Первым воспротивился подобным речам глава царской канцелярии Набонид. Последнее дело, заявил он, в преддверии испытаний, которые ждут Вавилон, путать имена защитников и покровителей, искать ссор внутри страны. Следом царя вновь посетили верховные жрецы всех главных храмов Вавилонии и в приемлемой, но ультимативной форме потребовали от Амеля-Мардука обязательства не посягать на древних отеческих богов. В тот же вечер Амель с горя напился сирийского вина и, поделившись со слепым пророком обидами, отбыл на охоту. И на этот раз по его повелению изображение бога Набу было оставлено в городе.
На следующий день слепой Седекия пригласил к себе близкого советника царя, своего соотечественника Даниила. Этот человек обладал мудростью и слыл за великого разгадывателя снов. На этом поприще он отличился ещё в бытность Навуходоносора, который в последние годы приблизил к себе юношу-иври.
С момента появления в царском дворце новоявленного пророка Даниил пребывал в постоянной тревоге. Услышав о приглашении, он едва справился с испугом; жуткий страх, перемешанный с предощущением беды, напал на него, однако отказать человеку, вознесенному царем на такую высоту, царедворец не посмел.
Опасаясь подслушивания, они поднялись на крышу цитадели, разговаривали на родном языке, тем не менее, не забывали время от времени переходить на арамейский и отпускать хвалы новому правителю.
Весь этот месяц, пробежавший с того момента, как из темницы, отголоском прежней, свободной – урсалиммской! – жизни, жутким, вставшим из могилы призраком, напомнившим о разрушения Храма и гибели страны, возник нежданный, грозный, натянувший на себя одеяние пророка Седекия, Даниила неотрывно мучил вопрос – насколько безумен внезапно явившийся из небытия, нежданно-негаданно вошедший в силу, последний иудейский царь, чье предательство навлекло на землю обетованную столько бед и горя?
За эти дни Седекия ни разу не обмолвился об утерянном рае, в котором его и звали по-другому – Матфанией.

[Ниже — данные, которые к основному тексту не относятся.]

-- ===== src/Snapshots/Laws.antt =====
-- What a created snapshot is loaded as, and which snapshots are kept.
use my_etcd.Base.{
  ℕ, zero, suc, ◌-◌, ◌^◌, ◌<◌, ◌≤◌, max, ◌≡◌, refl, ap, ◌∙◌, arith, true, false, List, [], ◌∷◌,
  Option, some, ltb, leb, ◌==◌, if◌then◌else◌, length, drop, last?, Bytes, ◌>>=◌, nat_key, take_all,
  length-drop, get_or_else, Bool-cases, inl, inr, ltb→lt, ==_iff, subst, leb→le,
}
use my_etcd.OrdMap.{OrdMap, Above, IsOrdered, lookup, insert, insert-IsOrdered}
use my_etcd.Codec.Words.{FitsBytes-u32, FitsBytes-u64, read_le-le_bytes}
use my_etcd.Wal.RoundTrip.{then_some, passes}
use my_etcd.Snapshots.{
  SnapshotManager, snapshot_bytes, read_snapshot, latest, load_latest, load_latest_snapshot,
  cleanup_old_snapshots, create_snapshot,
}

pub read_snapshot-snapshot_bytes :
    (idx term : ℕ) (content : Bytes)
    → idx < 2 ^ 64
    → term < 2 ^ 64
    → length content < 2 ^ 32
    → read_snapshot (snapshot_bytes idx term (length content) content)
      ≡ some (record { last_index = idx; last_term = term; content = content })
unfolding read_snapshot snapshot_bytes
read_snapshot-snapshot_bytes idx term content h k l =
    let whole : ltb (length content) (length content) ≡ false = ground arith in
    then_some _ (read_le-le_bytes 8 idx _ (FitsBytes-u64 idx h)) (
      then_some _ (read_le-le_bytes 8 term _ (FitsBytes-u64 term k)) (
        then_some _ (read_le-le_bytes 4 (length content) content (FitsBytes-u32 (length content) l))
          (passes _ whole (
            ap (λ c. some (record { last_index = idx; last_term = term; content = c }))
              (take_all (length content) content (omega arith))))))

-- No file has a larger index.
abbrev pub UpTo : ℕ → OrdMap ℕ Bytes → Type 0
UpTo idx [] = Unit
UpTo idx ((i, bytes) ∷ files) = (i ≤ idx) × UpTo idx files

last?-cons {ℓ} :
    {A : Type ℓ} (y : A) (xs : List A) {x : A} → last? xs ≡ some x → last? (y ∷ xs) ≡ some x
last?-cons y [] h = absurd cc
last?-cons y (z ∷ xs) h = h

Above-UpTo :
    (i idx : ℕ) (files : OrdMap ℕ Bytes)
    → (i == idx) ≡ true
    → Above i files
    → UpTo idx files
    → files ≡ []
Above-UpTo i idx [] same a h = refl
Above-UpTo i idx ((j, b) ∷ files) same a h =
    absurd (omega (arith, ltb→lt i j a.0, h.0, (==_iff i idx).0 same))

last?-insert :
    (idx : ℕ) (bytes : Bytes) (files : OrdMap ℕ Bytes)
    → IsOrdered files
    → UpTo idx files
    → last? (insert idx bytes files) ≡ some (idx, bytes)
unfolding insert
last?-insert idx bytes [] o h = refl
last?-insert idx bytes ((i, b) ∷ files) o h = elim (Bool-cases (i == idx)) [
  | inl same ↦ rw same (ap (λ fs. last? ((idx, bytes) ∷ fs)) (Above-UpTo i idx files same o.0 h.1))
  | inr differ ↦
      let after : ltb idx i ≡ false = ground (arith, h.0) in
      rw (differ, after)
        (last?-cons (i, b) (insert idx bytes files) (last?-insert idx bytes files o.1 h.1))
]

same_pair :
    (j idx : ℕ) (b bytes : Bytes)
    → last? {A = ℕ × Bytes} ((j, b) ∷ []) ≡ some (idx, bytes)
    → (j ≡ idx) × (b ≡ bytes)
same_pair j idx b bytes h = (
  ap (λ (o : Option (ℕ × Bytes)). get_or_else (o >>= λ p. some p.0) 0) h,
  ap (λ (o : Option (ℕ × Bytes)). get_or_else (o >>= λ p. some p.1) []) h,
)

last?-drop {ℓ} : {A : Type ℓ} (n : ℕ) (xs : List A) → n < length xs → last? (drop n xs) ≡ last? xs
last?-drop zero xs h = refl
last?-drop (suc n) [] h = absurd (omega arith)
last?-drop (suc n) (x ∷ []) h = absurd (omega arith)
last?-drop (suc n) (x ∷ y ∷ xs) h = last?-drop n (y ∷ xs) (omega arith)

IsOrdered-drop : (n : ℕ) (files : OrdMap ℕ Bytes) → IsOrdered files → IsOrdered (drop n files)
IsOrdered-drop zero files o = o
IsOrdered-drop (suc n) [] o = tt
IsOrdered-drop (suc n) ((i, b) ∷ files) o = IsOrdered-drop n files o.1

Above-last :
    (i idx : ℕ) (bytes : Bytes) (files : OrdMap ℕ Bytes)
    → Above i files
    → last? files ≡ some (idx, bytes)
    → ltb i idx ≡ true
Above-last i idx bytes [] a h = absurd cc
Above-last i idx bytes ((j, b) ∷ []) a h =
    subst (λ k. ltb i k ≡ true) (same_pair j idx b bytes h).0 a.0
Above-last i idx bytes ((j, b) ∷ (k, c) ∷ files) a h = Above-last i idx bytes ((k, c) ∷ files) a.1 h

lookup-last :
    (idx : ℕ) (bytes : Bytes) (files : OrdMap ℕ Bytes)
    → IsOrdered files
    → last? files ≡ some (idx, bytes)
    → lookup idx files ≡ some bytes
unfolding lookup
lookup-last idx bytes [] o h = absurd cc
lookup-last idx bytes ((j, b) ∷ []) o h = ground (arith, same_pair j idx b bytes h)
lookup-last idx bytes ((j, b) ∷ (k, c) ∷ files) o h = ground (
  arith,
  lookup-last idx bytes ((k, c) ∷ files) o.1 h,
  Above-last j idx bytes ((k, c) ∷ files) o.0 h,
)

latest-last :
    (found idx : ℕ) (bytes : Bytes) (files : OrdMap ℕ Bytes)
    → IsOrdered files
    → last? files ≡ some (idx, bytes)
    → latest found files ≡ max found idx
unfolding latest
latest-last found idx bytes [] o h = absurd cc
latest-last found idx bytes ((j, b) ∷ []) o h = ground (arith, same_pair j idx b bytes h)
latest-last found idx bytes ((j, b) ∷ (k, c) ∷ files) o h =
    latest-last (if ltb found j then j else found) idx bytes ((k, c) ∷ files) o.1 h
    ∙ ground (arith, Above-last j idx bytes ((k, c) ∷ files) o.0 h)

load_latest-last :
    (idx : ℕ) (bytes : Bytes) (files : OrdMap ℕ Bytes)
    → 0 < idx
    → IsOrdered files
    → last? files ≡ some (idx, bytes)
    → load_latest files ≡ read_snapshot bytes
unfolding load_latest
load_latest-last idx bytes files pos o h =
    let found : latest 0 files ≡ idx = latest-last 0 idx bytes files o h ∙ omega arith in
    let nonzero : (idx == 0) ≡ false = ground arith in
    rw (found, nonzero, lookup-last idx bytes files o h) refl

-- What a created snapshot leaves in the directory: at most the files allowed, in order, with the new one last.
record IsKept (idx most : ℕ) (bytes : Bytes) (s : SnapshotManager) : Type 0 where
  pub few : length s.files ≤ most
  pub ordered : IsOrdered s.files
  pub newest : last? s.files ≡ some (idx, bytes)

cleanup-IsKept :
    (idx : ℕ) (bytes : Bytes) (s : SnapshotManager)
    → IsOrdered s.files
    → 0 < s.max_snapshots
    → last? s.files ≡ some (idx, bytes)
    → IsKept idx s.max_snapshots bytes (cleanup_old_snapshots s)
unfolding cleanup_old_snapshots
cleanup-IsKept idx bytes s o pos h = elim (Bool-cases (leb (length s.files) s.max_snapshots)) [
  | inl few ↦
      rw few (record { few = leb→le (length s.files) s.max_snapshots few; ordered = o; newest = h })
  | inr many ↦
      let n = length s.files - s.max_snapshots in
      let over : s.max_snapshots < length s.files = ground arith in
      rw many (record {
        few = omega (arith, length-drop n s.files);
        ordered = IsOrdered-drop n s.files o;
        newest = last?-drop n s.files (omega arith) ∙ h;
      })
]

-- A snapshot no older than those of the directory is created, if its content is shorter than 2^32 bytes, and is
-- then the one that is loaded, as it was saved; no more files are left than allowed. Its index is positive,
-- its words fit 64 bits, and at least one file is allowed.
pub create_snapshot_lem :
    (idx term : ℕ) (content : Bytes) (s : SnapshotManager)
    → 0 < idx
    → idx < 2 ^ 64
    → term < 2 ^ 64
    → length content < 2 ^ 32
    → 0 < s.max_snapshots
    → IsOrdered s.files
    → UpTo idx s.files
    → ((create_snapshot idx term content s).1 ≡ true)
      × ((load_latest_snapshot (create_snapshot idx term content s).0
            ≡ some (record { last_index = idx; last_term = term; content = content }))
          × (length (create_snapshot idx term content s).0.files ≤ s.max_snapshots))
unfolding create_snapshot load_latest_snapshot
create_snapshot_lem idx term content s pos h k l allowed o up =
    let bytes = snapshot_bytes idx term (length content) content in
    let fits : ltb (2 ^ 32 - 1) (length content) ≡ false = ground arith in
    let kept =
      cleanup-IsKept idx bytes (record s { files = insert idx bytes s.files })
        (insert-IsOrdered idx bytes s.files o) allowed (last?-insert idx bytes s.files o up) in
    rw fits (
      refl,
      (
        load_latest-last idx bytes _ pos kept.ordered kept.newest
            ∙ read_snapshot-snapshot_bytes idx term content h k l,
        kept.few,
      ),
    )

Ни разу, даже оставаясь один на один с Даниилом, слепец не спросил, чьих он будет, каким образом оказался в кругу ближайших советников царя. Это нелюбопытство, отсутствие всякого интереса к зачеркнутому, сожженному, разрушенному прошлому не давало Даниилу покоя.
Было ему, Даниилу (или, на вавилонский манер Балату-шариуцуру), в ту пору от роду сорок пять годков – самая зрелость, самая мудрость. Решительности в таком возрасте тоже хоть отбавляй. Все свои знания, опыт, влияние он использовал, чтобы облегчить судьбы соплеменников, поселенных на канале Хубур. Его хлопотами многие из них – особенно молодежь – сумели научиться грамоте и перебраться в городскую черту, где большинство занялись торговлей, давали деньги в рост, а кое-кто, вспомнив навыки предков, занялся ювелирным делом, ведь златокузнецы и гранильщики драгоценных камней прежнего Иерусалима славились по всей верхней земле.
Смерть Навуходоносора практически никак не отразилась на положении осевших в Вавилонии иври. С приходом к власти нового правителя, наиболее горячие из общины стали настаивать, что скоро пробьет час возвращения в землю обетованную. Даниил тоже был в числе увлеченных. Его настойчивыми усилиями, под влиянием его убеждающих речей недалекий и подверженный влияниям вавилонский царь Амель-Мардук принял решение об амнистии прежним правителям Иудеи и разрешение вернуться на родину, в долину Иордана.
Этот указ казался первой ласточкой. Даниил, всегда щепетильный, умеющий просчитывать возможное развитие событий на много шагов вперед, как-то совсем выпустил из виду – или точнее не придал значения тому обстоятельству, что в плену томилось два последних иудейских царя: Иехония, сын Иоакима, и младший брат Иоакима Седекия. Даниил решил сыграть на страхах Амель-Мардука, который тот испытывал перед великим городом. Править Вавилоном у густобородого, по самые глаза зараставшего щетиной, глуповатого, легко поддающегося гневу Амеля не было ни сил, ни способностей. Он отчаянно нуждался в союзниках, вот почему большинство в его окружении сразу составили чужаки. Именно Даниил убедил Амеля в необходимости создать на западе крепкий тыл из союзных государств, на которые Вавилония смогла бы опереться в войне с Мидией. Верилось, что вслед за царем на родину направится следующая партия иври. Так, караван за караваном, они вернутся на родину, восстановят столицу, возродят Храм.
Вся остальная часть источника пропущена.